**What the task asks:**
This exercise calls for every record to be set down again, exactly and in full.

**Data in this exercise:**
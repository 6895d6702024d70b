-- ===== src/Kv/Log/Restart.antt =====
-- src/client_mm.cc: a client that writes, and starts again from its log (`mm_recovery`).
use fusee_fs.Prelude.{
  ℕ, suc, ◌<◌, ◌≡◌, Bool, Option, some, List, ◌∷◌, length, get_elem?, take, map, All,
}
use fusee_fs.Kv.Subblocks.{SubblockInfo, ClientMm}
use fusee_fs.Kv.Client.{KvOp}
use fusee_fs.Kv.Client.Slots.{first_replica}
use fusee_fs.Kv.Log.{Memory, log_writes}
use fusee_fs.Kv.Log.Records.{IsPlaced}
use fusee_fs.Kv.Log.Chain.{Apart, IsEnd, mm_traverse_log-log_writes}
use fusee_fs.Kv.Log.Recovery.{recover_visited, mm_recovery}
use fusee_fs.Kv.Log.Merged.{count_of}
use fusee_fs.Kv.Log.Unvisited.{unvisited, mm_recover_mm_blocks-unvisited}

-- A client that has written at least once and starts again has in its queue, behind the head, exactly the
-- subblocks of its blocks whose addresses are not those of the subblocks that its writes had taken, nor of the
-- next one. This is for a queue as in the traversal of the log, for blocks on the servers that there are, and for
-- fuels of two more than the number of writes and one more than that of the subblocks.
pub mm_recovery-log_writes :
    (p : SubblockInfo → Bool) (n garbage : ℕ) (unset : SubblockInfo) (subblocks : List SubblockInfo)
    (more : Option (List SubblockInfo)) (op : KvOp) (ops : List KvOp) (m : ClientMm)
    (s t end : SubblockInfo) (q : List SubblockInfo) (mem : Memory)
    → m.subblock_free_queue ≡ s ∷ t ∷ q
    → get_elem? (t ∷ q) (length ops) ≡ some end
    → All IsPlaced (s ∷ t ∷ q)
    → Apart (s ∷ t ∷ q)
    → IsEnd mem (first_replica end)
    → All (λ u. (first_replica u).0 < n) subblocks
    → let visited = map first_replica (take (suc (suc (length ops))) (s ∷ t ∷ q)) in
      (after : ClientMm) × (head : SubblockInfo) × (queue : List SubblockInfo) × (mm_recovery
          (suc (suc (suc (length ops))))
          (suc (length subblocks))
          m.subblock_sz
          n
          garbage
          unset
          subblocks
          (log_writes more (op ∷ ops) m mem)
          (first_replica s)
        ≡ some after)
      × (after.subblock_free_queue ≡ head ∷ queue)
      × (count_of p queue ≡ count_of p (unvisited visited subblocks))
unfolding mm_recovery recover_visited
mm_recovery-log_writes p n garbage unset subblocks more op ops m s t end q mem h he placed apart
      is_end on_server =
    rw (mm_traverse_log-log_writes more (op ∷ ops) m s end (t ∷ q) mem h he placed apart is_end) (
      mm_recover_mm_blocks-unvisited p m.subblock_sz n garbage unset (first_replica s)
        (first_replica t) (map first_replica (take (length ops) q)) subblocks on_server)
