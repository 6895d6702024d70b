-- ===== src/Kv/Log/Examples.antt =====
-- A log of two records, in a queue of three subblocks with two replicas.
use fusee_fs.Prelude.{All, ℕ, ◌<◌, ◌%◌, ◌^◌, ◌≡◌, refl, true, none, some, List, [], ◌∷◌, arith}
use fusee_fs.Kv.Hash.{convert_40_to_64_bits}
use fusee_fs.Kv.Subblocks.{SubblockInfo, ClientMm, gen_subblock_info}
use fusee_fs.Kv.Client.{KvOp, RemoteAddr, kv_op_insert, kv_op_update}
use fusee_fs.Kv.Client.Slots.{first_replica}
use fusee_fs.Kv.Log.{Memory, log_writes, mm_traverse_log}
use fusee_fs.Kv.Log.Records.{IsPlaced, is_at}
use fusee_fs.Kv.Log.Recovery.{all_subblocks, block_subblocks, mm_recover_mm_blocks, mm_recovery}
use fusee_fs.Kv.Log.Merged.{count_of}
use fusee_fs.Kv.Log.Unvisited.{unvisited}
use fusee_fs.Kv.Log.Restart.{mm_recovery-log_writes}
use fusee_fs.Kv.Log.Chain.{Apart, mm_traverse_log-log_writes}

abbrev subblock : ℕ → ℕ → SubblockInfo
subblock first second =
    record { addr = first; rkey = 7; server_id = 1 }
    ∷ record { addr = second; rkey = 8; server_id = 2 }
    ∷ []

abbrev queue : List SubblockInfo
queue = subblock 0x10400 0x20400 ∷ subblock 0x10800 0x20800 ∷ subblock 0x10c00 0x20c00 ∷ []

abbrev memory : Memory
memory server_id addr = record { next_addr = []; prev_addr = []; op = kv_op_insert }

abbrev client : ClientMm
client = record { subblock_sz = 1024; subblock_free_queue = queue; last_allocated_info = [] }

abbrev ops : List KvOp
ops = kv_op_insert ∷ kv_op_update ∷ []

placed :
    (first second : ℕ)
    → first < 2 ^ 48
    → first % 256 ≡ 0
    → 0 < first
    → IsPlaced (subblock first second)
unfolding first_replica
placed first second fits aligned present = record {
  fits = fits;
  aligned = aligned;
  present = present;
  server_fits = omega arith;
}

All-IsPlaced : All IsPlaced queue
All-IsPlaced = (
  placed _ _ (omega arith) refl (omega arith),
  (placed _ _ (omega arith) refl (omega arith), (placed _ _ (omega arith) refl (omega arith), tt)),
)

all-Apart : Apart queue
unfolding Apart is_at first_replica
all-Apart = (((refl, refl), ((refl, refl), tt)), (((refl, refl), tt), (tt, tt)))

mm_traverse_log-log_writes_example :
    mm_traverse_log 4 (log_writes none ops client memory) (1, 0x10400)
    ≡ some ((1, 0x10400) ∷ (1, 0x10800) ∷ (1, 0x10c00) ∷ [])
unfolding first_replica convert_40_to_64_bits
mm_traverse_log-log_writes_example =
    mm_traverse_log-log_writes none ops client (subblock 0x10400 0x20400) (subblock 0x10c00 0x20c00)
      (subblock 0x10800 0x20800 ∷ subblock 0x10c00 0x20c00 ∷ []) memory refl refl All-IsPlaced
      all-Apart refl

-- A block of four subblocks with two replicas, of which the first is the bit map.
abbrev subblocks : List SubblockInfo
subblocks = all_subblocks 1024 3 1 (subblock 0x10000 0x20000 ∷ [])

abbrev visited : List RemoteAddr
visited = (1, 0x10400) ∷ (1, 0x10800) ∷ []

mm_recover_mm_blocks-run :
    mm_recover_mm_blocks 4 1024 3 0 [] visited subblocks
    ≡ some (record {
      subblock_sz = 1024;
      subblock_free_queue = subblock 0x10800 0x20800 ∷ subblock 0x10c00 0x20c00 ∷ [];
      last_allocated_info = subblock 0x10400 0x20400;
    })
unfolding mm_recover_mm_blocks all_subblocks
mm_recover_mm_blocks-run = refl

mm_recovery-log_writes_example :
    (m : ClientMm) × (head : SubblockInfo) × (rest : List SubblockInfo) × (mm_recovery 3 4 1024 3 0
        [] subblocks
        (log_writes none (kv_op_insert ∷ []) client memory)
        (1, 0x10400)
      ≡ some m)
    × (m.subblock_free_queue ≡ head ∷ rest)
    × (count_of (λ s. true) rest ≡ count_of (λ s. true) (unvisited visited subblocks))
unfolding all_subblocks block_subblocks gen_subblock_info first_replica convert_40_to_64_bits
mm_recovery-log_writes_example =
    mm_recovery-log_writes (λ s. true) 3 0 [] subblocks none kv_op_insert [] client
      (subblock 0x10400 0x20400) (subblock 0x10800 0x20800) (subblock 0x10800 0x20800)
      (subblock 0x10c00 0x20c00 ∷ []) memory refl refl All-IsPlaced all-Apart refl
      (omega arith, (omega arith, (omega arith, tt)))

**The completed task:**
repository 6895d6702024d70b
-- ===== src/Kv/Log/Restart.antt =====
-- src/client_mm.cc: a client that writes, and starts again from its log (`mm_recovery`).
use fusee_fs.Prelude.{
  ℕ, suc, ◌<◌, ◌≡◌, Bool, Option, some, List, ◌∷◌, length, get_elem?, take, map, All,
}
use fusee_fs.Kv.Subblocks.{SubblockInfo, ClientMm}
use fusee_fs.Kv.Client.{KvOp}
use fusee_fs.Kv.Client.Slots.{first_replica}
use fusee_fs.Kv.Log.{Memory, log_writes}
use fusee_fs.Kv.Log.Records.{IsPlaced}
use fusee_fs.Kv.Log.Chain.{Apart, IsEnd, mm_traverse_log-log_writes}
use fusee_fs.Kv.Log.Recovery.{recover_visited, mm_recovery}
use fusee_fs.Kv.Log.Merged.{count_of}
use fusee_fs.Kv.Log.Unvisited.{unvisited, mm_recover_mm_blocks-unvisited}

-- A client that has written at least once and starts again has in its queue, behind the head, exactly the
-- subblocks of its blocks whose addresses are not those of the subblocks that its writes had taken, nor of the
-- next one. This is for a queue as in the traversal of the log, for blocks on the servers that there are, and for
-- fuels of two more than the number of writes and one more than that of the subblocks.
pub mm_recovery-log_writes :
    (p : SubblockInfo → Bool) (n garbage : ℕ) (unset : SubblockInfo) (subblocks : List SubblockInfo)
    (more : Option (List SubblockInfo)) (op : KvOp) (ops : List KvOp) (m : ClientMm)
    (s t end : SubblockInfo) (q : List SubblockInfo) (mem : Memory)
    → m.subblock_free_queue ≡ s ∷ t ∷ q
    → get_elem? (t ∷ q) (length ops) ≡ some end
    → All IsPlaced (s ∷ t ∷ q)
    → Apart (s ∷ t ∷ q)
    → IsEnd mem (first_replica end)
    → All (λ u. (first_replica u).0 < n) subblocks
    → let visited = map first_replica (take (suc (suc (length ops))) (s ∷ t ∷ q)) in
      (after : ClientMm) × (head : SubblockInfo) × (queue : List SubblockInfo) × (mm_recovery
          (suc (suc (suc (length ops))))
          (suc (length subblocks))
          m.subblock_sz
          n
          garbage
          unset
          subblocks
          (log_writes more (op ∷ ops) m mem)
          (first_replica s)
        ≡ some after)
      × (after.subblock_free_queue ≡ head ∷ queue)
      × (count_of p queue ≡ count_of p (unvisited visited subblocks))
unfolding mm_recovery recover_visited
mm_recovery-log_writes p n garbage unset subblocks more op ops m s t end q mem h he placed apart
      is_end on_server =
    rw (mm_traverse_log-log_writes more (op ∷ ops) m s end (t ∷ q) mem h he placed apart is_end) (
      mm_recover_mm_blocks-unvisited p m.subblock_sz n garbage unset (first_replica s)
        (first_replica t) (map first_replica (take (length ops) q)) subblocks on_server)
repository 6895d6702024d70b
-- ===== src/Kv/Log/Examples.antt =====
-- A log of two records, in a queue of three subblocks with two replicas.
use fusee_fs.Prelude.{All, ℕ, ◌<◌, ◌%◌, ◌^◌, ◌≡◌, refl, true, none, some, List, [], ◌∷◌, arith}
use fusee_fs.Kv.Hash.{convert_40_to_64_bits}
use fusee_fs.Kv.Subblocks.{SubblockInfo, ClientMm, gen_subblock_info}
use fusee_fs.Kv.Client.{KvOp, RemoteAddr, kv_op_insert, kv_op_update}
use fusee_fs.Kv.Client.Slots.{first_replica}
use fusee_fs.Kv.Log.{Memory, log_writes, mm_traverse_log}
use fusee_fs.Kv.Log.Records.{IsPlaced, is_at}
use fusee_fs.Kv.Log.Recovery.{all_subblocks, block_subblocks, mm_recover_mm_blocks, mm_recovery}
use fusee_fs.Kv.Log.Merged.{count_of}
use fusee_fs.Kv.Log.Unvisited.{unvisited}
use fusee_fs.Kv.Log.Restart.{mm_recovery-log_writes}
use fusee_fs.Kv.Log.Chain.{Apart, mm_traverse_log-log_writes}

abbrev subblock : ℕ → ℕ → SubblockInfo
subblock first second =
    record { addr = first; rkey = 7; server_id = 1 }
    ∷ record { addr = second; rkey = 8; server_id = 2 }
    ∷ []

abbrev queue : List SubblockInfo
queue = subblock 0x10400 0x20400 ∷ subblock 0x10800 0x20800 ∷ subblock 0x10c00 0x20c00 ∷ []

abbrev memory : Memory
memory server_id addr = record { next_addr = []; prev_addr = []; op = kv_op_insert }

abbrev client : ClientMm
client = record { subblock_sz = 1024; subblock_free_queue = queue; last_allocated_info = [] }

abbrev ops : List KvOp
ops = kv_op_insert ∷ kv_op_update ∷ []

placed :
    (first second : ℕ)
    → first < 2 ^ 48
    → first % 256 ≡ 0
    → 0 < first
    → IsPlaced (subblock first second)
unfolding first_replica
placed first second fits aligned present = record {
  fits = fits;
  aligned = aligned;
  present = present;
  server_fits = omega arith;
}

All-IsPlaced : All IsPlaced queue
All-IsPlaced = (
  placed _ _ (omega arith) refl (omega arith),
  (placed _ _ (omega arith) refl (omega arith), (placed _ _ (omega arith) refl (omega arith), tt)),
)

all-Apart : Apart queue
unfolding Apart is_at first_replica
all-Apart = (((refl, refl), ((refl, refl), tt)), (((refl, refl), tt), (tt, tt)))

mm_traverse_log-log_writes_example :
    mm_traverse_log 4 (log_writes none ops client memory) (1, 0x10400)
    ≡ some ((1, 0x10400) ∷ (1, 0x10800) ∷ (1, 0x10c00) ∷ [])
unfolding first_replica convert_40_to_64_bits
mm_traverse_log-log_writes_example =
    mm_traverse_log-log_writes none ops client (subblock 0x10400 0x20400) (subblock 0x10c00 0x20c00)
      (subblock 0x10800 0x20800 ∷ subblock 0x10c00 0x20c00 ∷ []) memory refl refl All-IsPlaced
      all-Apart refl

-- A block of four subblocks with two replicas, of which the first is the bit map.
abbrev subblocks : List SubblockInfo
subblocks = all_subblocks 1024 3 1 (subblock 0x10000 0x20000 ∷ [])

abbrev visited : List RemoteAddr
visited = (1, 0x10400) ∷ (1, 0x10800) ∷ []

mm_recover_mm_blocks-run :
    mm_recover_mm_blocks 4 1024 3 0 [] visited subblocks
    ≡ some (record {
      subblock_sz = 1024;
      subblock_free_queue = subblock 0x10800 0x20800 ∷ subblock 0x10c00 0x20c00 ∷ [];
      last_allocated_info = subblock 0x10400 0x20400;
    })
unfolding mm_recover_mm_blocks all_subblocks
mm_recover_mm_blocks-run = refl

mm_recovery-log_writes_example :
    (m : ClientMm) × (head : SubblockInfo) × (rest : List SubblockInfo) × (mm_recovery 3 4 1024 3 0
        [] subblocks
        (log_writes none (kv_op_insert ∷ []) client memory)
        (1, 0x10400)
      ≡ some m)
    × (m.subblock_free_queue ≡ head ∷ rest)
    × (count_of (λ s. true) rest ≡ count_of (λ s. true) (unvisited visited subblocks))
unfolding all_subblocks block_subblocks gen_subblock_info first_replica convert_40_to_64_bits
mm_recovery-log_writes_example =
    mm_recovery-log_writes (λ s. true) 3 0 [] subblocks none kv_op_insert [] client
      (subblock 0x10400 0x20400) (subblock 0x10800 0x20800) (subblock 0x10800 0x20800)
      (subblock 0x10c00 0x20c00 ∷ []) memory refl refl All-IsPlaced all-Apart refl
      (omega arith, (omega arith, (omega arith, tt)))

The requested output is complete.